Task statement: Look through the data below for the line with "from_defers l t none none" and the line with "from_defers l t o", then output those two and all lines in between, exactly as written.
--------------------------------
-- ===== src/Policy/Verdict.antt =====
-- What the answers of the checkers, in their order, make of a call.
use helve.Base.{
  sym, ◌∙◌, subst, ◌≡◌, refl, true, false, Option, none, some, List, [], ◌∷◌, arith, all, All,
  Bool-cases, inl, inr,
}
use helve.Risk.{RiskTier, PermissionLevel, read, routine, max_tier}
use helve.Policy.{ToolPolicyDecision, PolicyChecker, evaluate, evaluate_from, blocked, raise_level}
use helve.Policy.Answers.{
  verdicts, first_block, last_deferral, PassesOn, Covers, CoversAll, max_tier_right, max_tier_left,
  raise_level_both, blocked-PassesOn, choose_if, choose_defer, choose_block, and-true, and-false,
  Deferred,
}

module _ {S Call : Type 0} (call : Call) (l : PermissionLevel) (t : RiskTier)
    (o : Option ToolPolicyDecision) (c : PolicyChecker S Call) (cs : List (PolicyChecker S Call))
    (s : S) where
  abbrev asked : ToolPolicyDecision
  asked = (c.check_policy call s).0

  abbrev state : S
  state = (c.check_policy call s).1

  from_allowed :
      asked.allowed ≡ true
      → evaluate_from l t o (c ∷ cs) call s
        ≡ evaluate_from
            (raise_level asked.level l)
            (max_tier (some t ∷ some asked.risk ∷ []))
            o
            cs
            call
            state
  unfolding evaluate_from
  from_allowed h = choose_if asked.allowed _ _ h

  from_deferred :
      asked.allowed ≡ false
      → asked.approval_required ≡ true
      → evaluate_from l t o (c ∷ cs) call s
        ≡ evaluate_from l t (some (blocked l t asked)) cs call state
  unfolding evaluate_from
  from_deferred h q = choose_defer asked.allowed asked.approval_required _ _ _ h q

  from_blocked :
      asked.allowed ≡ false
      → asked.approval_required ≡ false
      → evaluate_from l t o (c ∷ cs) call s ≡ (blocked l t asked, state)
  unfolding evaluate_from
  from_blocked h q = choose_block asked.allowed asked.approval_required _ _ _ h q

module _ {S Call : Type 0} (call : Call) where
  -- A checker that blocks outright decides, whatever approvals others have asked for.
  from_blocks :
      (l : PermissionLevel) (t : RiskTier) (o : Option ToolPolicyDecision)
      (cs : List (PolicyChecker S Call)) (s : S) (d : ToolPolicyDecision)
      → first_block (verdicts cs call s) ≡ some d
      → PassesOn d (evaluate_from l t o cs call s).0
  unfolding evaluate_from
  from_blocks l t o [] s d e = absurd (cc)
  from_blocks l t o (c ∷ cs) s d e =
      let a = (c.check_policy call s).0 in
      let s' = (c.check_policy call s).1 in
      elim (Bool-cases a.allowed) [
        | inl h ↦ rw (from_allowed call l t o c cs s h) (
            from_blocks (raise_level a.level l) (max_tier (some t ∷ some a.risk ∷ [])) o cs s' d
              (ground (arith, e, h)))
        | inr h ↦ elim (Bool-cases a.approval_required) [
          | inl q ↦
              rw (from_deferred call l t o c cs s h q)
                (from_blocks l t (some (blocked l t a)) cs s' d (ground (arith, e, h, q)))
          | inr q ↦ rw (from_blocked call l t o c cs s h q) (
              subst (λ x. PassesOn x (blocked l t a)) {x = a} {y = d} (ground (arith, e, h, q))
                (blocked-PassesOn l t a))
        ]
      ]

  -- With no such checker the last request for an approval decides.
  from_defers :
      (l : PermissionLevel) (t : RiskTier) (o : Option ToolPolicyDecision)
      (p : Option ToolPolicyDecision) (cs : List (PolicyChecker S Call)) (s : S)
      (d : ToolPolicyDecision)
      → Deferred p o
      → first_block (verdicts cs call s) ≡ none
      → last_deferral p (verdicts cs call s) ≡ some d
      → PassesOn d (evaluate_from l t o cs call s).0
  unfolding evaluate_from
  from_defers l t none none [] s d r n e = absurd (cc)
  from_defers l t (some x) none [] s d r n e = absurd r
  from_defers l t none (some p) [] s d r n e = absurd r
  from_defers l t (some x) (some p) [] s d r n e =
      subst (λ y. PassesOn y x) {x = p} {y = d} (ground arith) r
  from_defers l t o p (c ∷ cs) s d r n e =
      let a = (c.check_policy call s).0 in
      let s' = (c.check_policy call s).1 in
      elim (Bool-cases a.allowed) [
        | inl h ↦ rw (from_allowed call l t o c cs s h) (
            from_defers (raise_level a.level l) (max_tier (some t ∷ some a.risk ∷ [])) o p cs s' d r
              (ground (arith, n, h)) (ground (arith, e, h)))
        | inr h ↦ elim (Bool-cases a.approval_required) [
          | inl q ↦ rw (from_deferred call l t o c cs s h q) (
              from_defers l t (some (blocked l t a)) (some a) cs s' d (blocked-PassesOn l t a)
                (ground (arith, n, h, q)) (ground (arith, e, h, q)))
          | inr q ↦ absurd (ground (arith, n, h, q))
        ]
      ]

  -- Once an approval is asked for, the call does not pass.
  from_never :
      (l : PermissionLevel) (t : RiskTier) (x : ToolPolicyDecision)
      (cs : List (PolicyChecker S Call)) (s : S)
      → x.allowed ≡ false
      → (evaluate_from l t (some x) cs call s).0.allowed ≡ false
  unfolding evaluate_from
  from_never l t x [] s h = h
  from_never l t x (c ∷ cs) s h =
      let a = (c.check_policy call s).0 in
      let s' = (c.check_policy call s).1 in
      elim (Bool-cases a.allowed) [
        | inl q ↦
            rw (from_allowed call l t (some x) c cs s q)
              (from_never (raise_level a.level l) (max_tier (some t ∷ some a.risk ∷ [])) x cs s' h)
        | inr q ↦ elim (Bool-cases a.approval_required) [
          | inl z ↦
              rw (from_deferred call l t (some x) c cs s q z)
                (from_never l t (blocked l t a) cs s' refl)
          | inr z ↦ rw (from_blocked call l t (some x) c cs s q z) refl
        ]
      ]

  from_all :
      (l : PermissionLevel) (t : RiskTier) (cs : List (PolicyChecker S Call)) (s : S)
      → (evaluate_from l t none cs call s).0.allowed
        ≡ all (λ (d : ToolPolicyDecision). d.allowed) (verdicts cs call s)
  unfolding evaluate_from
  from_all l t [] s = refl
  from_all l t (c ∷ cs) s =
      let a = (c.check_policy call s).0 in
      let s' = (c.check_policy call s).1 in
      elim (Bool-cases a.allowed) [
        | inl q ↦ rw (from_allowed call l t none c cs s q) (
            from_all (raise_level a.level l) (max_tier (some t ∷ some a.risk ∷ [])) cs s'
            ∙ and-true _ _ q)
        | inr q ↦ elim (Bool-cases a.approval_required) [
          | inl z ↦
              rw (from_deferred call l t none c cs s q z)
                (from_never l t (blocked l t a) cs s' refl ∙ and-false _ _ q)
          | inr z ↦ rw (from_blocked call l t none c cs s q z) (and-false _ _ q)
        ]
      ]

  from-Covers :
      (l : PermissionLevel) (t : RiskTier) (cs : List (PolicyChecker S Call)) (s : S)
      → all (λ (d : ToolPolicyDecision). d.allowed) (verdicts cs call s) ≡ true
      → CoversAll l t (verdicts cs call s) (evaluate_from l t none cs call s).0
  unfolding evaluate_from
  from-Covers l t [] s h = (tt, omega arith, omega arith)
  from-Covers l t (c ∷ cs) s h =
      let a = (c.check_policy call s).0 in
      let s' = (c.check_policy call s).1 in
      let q : a.allowed ≡ true = ground (arith, h) in
      let (cover, tier, level) =
        from-Covers (raise_level a.level l) (max_tier (some t ∷ some a.risk ∷ [])) cs s'
          (ground (arith, h, q)) in
      subst (λ (p : ToolPolicyDecision × S). CoversAll l t (a ∷ verdicts cs call s') p.0)
        (sym (from_allowed call l t none c cs s q))
        (
          (
            (
              omega (arith, tier, max_tier_right t a.risk),
              omega (arith, level, raise_level_both a.level l),
            ),
            cover,
          ),
          omega (arith, tier, max_tier_left t a.risk),
          omega (arith, level, raise_level_both a.level l),
        )

  -- A call passes exactly if every checker allows it.
  pub evaluate_allows :
      (cs : List (PolicyChecker S Call)) (s : S)
      → (evaluate cs call s).0.allowed
        ≡ all (λ (d : ToolPolicyDecision). d.allowed) (verdicts cs call s)
  unfolding evaluate
  evaluate_allows cs s = from_all read routine cs s

  -- A call that passes does so under a tier and a level at least as high as any checker gave.
  pub evaluate-Covers :
      (cs : List (PolicyChecker S Call)) (s : S)
      → (evaluate cs call s).0.allowed ≡ true
      → All (Covers (evaluate cs call s).0) (verdicts cs call s)
  unfolding evaluate
  evaluate-Covers cs s h = (from-Covers read routine cs s (sym (from_all read routine cs s) ∙ h)).0

  -- A checker that blocks outright decides: the first such answer is passed on, also where another
  -- checker has asked for an approval before it.
  pub evaluate_blocks :
      (cs : List (PolicyChecker S Call)) (s : S) (d : ToolPolicyDecision)
      → first_block (verdicts cs call s) ≡ some d
      → PassesOn d (evaluate cs call s).0
  unfolding evaluate
  evaluate_blocks cs s d e = from_blocks read routine none cs s d e

  -- Where no checker blocks outright and some ask for an approval, the last of these is passed on.
  pub evaluate_defers :
      (cs : List (PolicyChecker S Call)) (s : S) (d : ToolPolicyDecision)
      → first_block (verdicts cs call s) ≡ none
      → last_deferral none (verdicts cs call s) ≡ some d
      → PassesOn d (evaluate cs call s).0
  unfolding evaluate
  evaluate_defers cs s d n e = from_defers read routine none none cs s d tt n e
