-- ===== src/Policy/Tests.antt =====
-- The gateway with a guard that asks for an approval, and a fact gate that challenges once.
use helve.Base.{Bool, true, false, ◌≡◌, none, [], ◌∷◌, all, not, codes}
use helve.Risk.{elevated, high, write}
use helve.Policy.{
  ToolPolicyDecision, GuardResult, PolicyChecker, guard_decision, fact_decision, evaluate, passing,
}
use helve.Policy.Answers.{verdicts}
use helve.Policy.Verdict.{evaluate_allows}

abbrev Checker : Type 0
Checker = PolicyChecker Bool (Unit {0})

abbrev asking : GuardResult
asking = record {
  allowed = false;
  reason = codes "outside the workspace";
  level = write;
  needs_confirmation = true;
  approval_required = true;
  approval_scope = none;
  risk = elevated;
}

abbrev guard : Checker
guard = record { check_policy = λ call s. (guard_decision asking, s); begin_round = none }

-- Its state says whether it has challenged already.
abbrev gate : Checker
gate = record {
  check_policy = λ call s.
      (fact_decision (record { challenged = not s; reason = codes "read it first" }), true);
  begin_round = none;
}

abbrev writer : Checker
writer = record { check_policy = λ call s. (passing write high, s); begin_round = none }

evaluate_allows_example :
    (evaluate (writer ∷ gate ∷ []) tt true).0.allowed
    ≡ all (λ (d : ToolPolicyDecision). d.allowed) (verdicts (writer ∷ gate ∷ []) tt true)
evaluate_allows_example = evaluate_allows tt (writer ∷ gate ∷ []) true
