-- ===== src/React.antt =====
-- engine/execution/react: the loop that calls the model and its tools.
pub mod Cap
--------------------------------
Solution for this problem:
  from_defers l t none none [] s d r n e = absurd (cc)
  from_defers l t (some x) none [] s d r n e = absurd r
  from_defers l t none (some p) [] s d r n e = absurd r
  from_defers l t (some x) (some p) [] s d r n e =
      subst (λ y. PassesOn y x) {x = p} {y = d} (ground arith) r
  from_defers l t o p (c ∷ cs) s d r n e =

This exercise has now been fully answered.